# How much Watt PSU for my machine



## mathrisk (Apr 13, 2012)

Hi,

Recently my PSU went dead and am looking for a new one.
But as the machine is kinda old (4 years), I don't want to invest much on it - as I'll be selling/donating this soon and upgrade. But first I need it make working/running.

My specs are:
Abit IP35-E,
Intel C2D E8300 (2.66 ghz)
2 GB (800MHz) RAM (2 x 1gb)
Sapphire HD6450 1 GB
2 x SATA HDD (1tb, 320gb)
1 x IDE DVD writer.

what is the minimum watt PSU I need to run the machine.
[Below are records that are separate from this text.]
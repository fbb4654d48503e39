-- ===== src/Failure/Breaker.antt =====
-- `CircuitBreaker` of crates/runtime/src/failure_management.rs. Each method holds the record's lock
-- throughout, so a history of calls is a sequence of these functions.
pub mod Invariant
pub mod Probes
pub mod Cooldown
pub mod Threshold
mod Tests
use Prim.Native.String.{String}
use way_balancer.Base.{
  ℕ, ◌+◌, ◌-◌, Bool, true, false, ◌&&◌, ◌||◌, ltb, leb, ◌==◌, if◌then◌else◌, List, [], ◌∷◌, Option,
  none, some, Result, ok, err, reject, ◌>>◌, ◌>>=◌, sat_add32, wrap64, push_bounded,
}
use way_balancer.Failure.{
  FailureManagementError, invalid_breaker_threshold, UpstreamFailureClass, counts_toward_breaker,
}

pub data CircuitBreakerState : Type 0 where
  closed opened half_open : CircuitBreakerState

abbrev pub same_state : CircuitBreakerState → CircuitBreakerState → Bool
same_state closed closed = true
same_state opened opened = true
same_state half_open half_open = true
same_state _ _ = false

pub record CircuitBreakerPolicy : Type 0 where
  pub open_failure_threshold : ℕ  -- u32
  pub open_duration : ℕ
  pub half_open_success_threshold : ℕ  -- u32

pub record CircuitBreakerSnapshot : Type 0 where
  pub state : CircuitBreakerState
  pub remaining_open_duration : Option ℕ
  pub consecutive_failures : ℕ
  pub half_open_successes : ℕ

pub record CircuitBreakerRecord : Type 0 where
  pub state : CircuitBreakerState
  pub consecutive_failures : ℕ  -- u32
  pub half_open_successes : ℕ  -- u32
  pub opened_at : ℕ
  pub half_open_admitted : ℕ  -- u32
  pub half_open_window_started : ℕ

pub data FailureManagementEventKind : Type 0 where
  breaker_opened breaker_half_opened breaker_closed : FailureManagementEventKind

pub record FailureManagementEvent : Type 0 where
  pub kind : FailureManagementEventKind
  pub scope : String
  pub detail : String

abbrev pub max_failure_events : ℕ
max_failure_events = 64

pub record CircuitBreaker : Type 0 where
  pub policy : CircuitBreakerPolicy
  pub breaker_record : CircuitBreakerRecord
  pub breaker_state_change_count : ℕ
  pub breaker_open_rejection_count : ℕ
  pub events : List FailureManagementEvent

unfoldable pub new : CircuitBreakerPolicy → Result CircuitBreaker FailureManagementError
new p = do
  reject
      (p.open_failure_threshold == 0 || p.half_open_success_threshold == 0 || p.open_duration == 0)
      invalid_breaker_threshold
  ok (record {
    policy = p;
    breaker_record = record {
      state = closed;
      consecutive_failures = 0;
      half_open_successes = 0;
      opened_at = 0;
      half_open_admitted = 0;
      half_open_window_started = 0;
    };
    breaker_state_change_count = 0;
    breaker_open_rejection_count = 0;
    events = [];
  })

-- Changes the state, counts the change and queues its event, unless the state is the old one.
pub transition_breaker_state :
    CircuitBreakerState → FailureManagementEventKind → String → CircuitBreaker → CircuitBreaker
transition_breaker_state to kind detail b =
    if same_state b.breaker_record.state to then b else record b {
      breaker_record = record r { state = to };
      breaker_state_change_count = wrap64 (b.breaker_state_change_count + 1);
      events =
          push_bounded max_failure_events
            (record { kind = kind; scope = "upstream"; detail = detail }) b.events;
    }
  where
    open b use {breaker_record as r}

-- The first `if` of `allow_request`: an open breaker whose cool-down is over starts probing.
pub half_open_if_due : CircuitBreaker → ℕ → CircuitBreaker
half_open_if_due b now =
    if same_state b.breaker_record.state opened
      && leb b.policy.open_duration (now - b.breaker_record.opened_at)
    then (let c =
          transition_breaker_state half_open breaker_half_opened
            "breaker cool-down elapsed; allowing probe traffic" b in
        record c {
          breaker_record = record (c.breaker_record) {
            half_open_admitted = 0;
            half_open_window_started = now;
          };
        })
    else b

-- The re-arming of the probes in the half-open branch.
pub rearm_if_due : CircuitBreaker → ℕ → CircuitBreaker
rearm_if_due b now =
    if leb b.policy.open_duration (now - b.breaker_record.half_open_window_started)
    then record b {
      breaker_record = record r { half_open_admitted = 0; half_open_window_started = now };
    }
    else b
  where
    open b use {breaker_record as r}

abbrev count_rejection : CircuitBreaker → CircuitBreaker
count_rejection b = record b {
  breaker_open_rejection_count = wrap64 (b.breaker_open_rejection_count + 1);
}

-- `half_open_admitted` is below the budget where it is incremented, so it cannot overflow.
pub admit_probe : CircuitBreaker → CircuitBreaker × Bool
admit_probe b =
    if ltb r.half_open_admitted (b.policy.half_open_success_threshold - r.half_open_successes)
    then (
      record b { breaker_record = record r { half_open_admitted = r.half_open_admitted + 1 } },
      true,
    )
    else (count_rejection b, false)
  where
    open b use {breaker_record as r}

pub decide : CircuitBreakerState → CircuitBreaker → ℕ → CircuitBreaker × Bool
decide opened b now = (count_rejection b, false)
decide half_open b now = admit_probe (rearm_if_due b now)
decide closed b now = (b, true)

pub allow_request : CircuitBreaker → ℕ → CircuitBreaker × Bool
allow_request b now = let c = half_open_if_due b now in decide c.breaker_record.state c now

pub success_in : CircuitBreakerState → CircuitBreaker → CircuitBreaker
success_in closed b = record b {
  breaker_record = record (b.breaker_record) { consecutive_failures = 0 };
}
success_in opened b = b
success_in half_open b =
    let successes = sat_add32 b.breaker_record.half_open_successes 1 in
    let c = record b {
      breaker_record = record (b.breaker_record) { half_open_successes = successes };
    } in
    if leb b.policy.half_open_success_threshold successes
    then (let d =
          transition_breaker_state closed breaker_closed
            "breaker recovered after successful half-open probes" c in
        record d {
          breaker_record = record (d.breaker_record) {
            consecutive_failures = 0;
            half_open_successes = 0;
          };
        })
    else c

pub record_success : CircuitBreaker → CircuitBreaker
unfolding success_in
record_success b = success_in b.breaker_record.state b

pub failure_in : CircuitBreakerState → CircuitBreaker → ℕ → CircuitBreaker
failure_in closed b now =
    let failures = sat_add32 b.breaker_record.consecutive_failures 1 in
    let c = record b {
      breaker_record = record (b.breaker_record) { consecutive_failures = failures };
    } in
    if leb b.policy.open_failure_threshold failures
    then (let d =
          transition_breaker_state opened breaker_opened
            "breaker opened after repeated upstream failures"
            (record c { breaker_record = record (c.breaker_record) { opened_at = now } }) in
        record d { breaker_record = record (d.breaker_record) { half_open_successes = 0 } })
    else c
failure_in half_open b now =
    let d =
      transition_breaker_state opened breaker_opened
        "breaker re-opened after failed half-open probe"
        (record b { breaker_record = record (b.breaker_record) { opened_at = now } }) in
    record d {
      breaker_record = record (d.breaker_record) {
        consecutive_failures = b.policy.open_failure_threshold;
        half_open_successes = 0;
      };
    }
failure_in opened b now = record b {
  breaker_record = record (b.breaker_record) { opened_at = now };
}

pub record_failure : CircuitBreaker → ℕ → UpstreamFailureClass → CircuitBreaker
unfolding failure_in
record_failure b now class =
    if counts_toward_breaker class then failure_in b.breaker_record.state b now else b

abbrev remaining_open : CircuitBreakerState → CircuitBreaker → ℕ → Option ℕ
remaining_open opened b now = some (b.policy.open_duration - (now - b.breaker_record.opened_at))
remaining_open _ b now = none

pub snapshot : CircuitBreaker → ℕ → CircuitBreakerSnapshot
snapshot b now = record {
  state = b.breaker_record.state;
  remaining_open_duration = remaining_open b.breaker_record.state b now;
  consecutive_failures = b.breaker_record.consecutive_failures;
  half_open_successes = b.breaker_record.half_open_successes;
}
Is CM350 Plus (350W) is fine? (I am seeing this one the cheapest  )
Or any other recommendation please?

TIA


----------



## coderunknown (Apr 13, 2012)

yes 350W is enough but go for FSP Saga II 350W. You should find it for 1.5-1.7k.


----------



## dibya_kol (Apr 14, 2012)

@OP, any good 350wt psu is good enough for ur rig, but i will suggest u to buy atleast 450wt psu.


----------



## Gaurav Bhattacharjee (Apr 14, 2012)

No need for 450W. This setup will barely take 200W. *Sam*'s suggestion is fine.


----------



## mathrisk (Apr 14, 2012)

Thanks guys for your input.


----------



## doomgiver (Apr 14, 2012)

dibya_kol said:


> @OP, any good 350wt psu is good enough for ur rig, but i will suggest u to buy atleast 450wt psu.



lol? why?


----------



## Tech_Wiz (Apr 14, 2012)

Maybe he is making sure if at all OP adds a Mid Range GFX card later then he doesn't have to change PSU for it.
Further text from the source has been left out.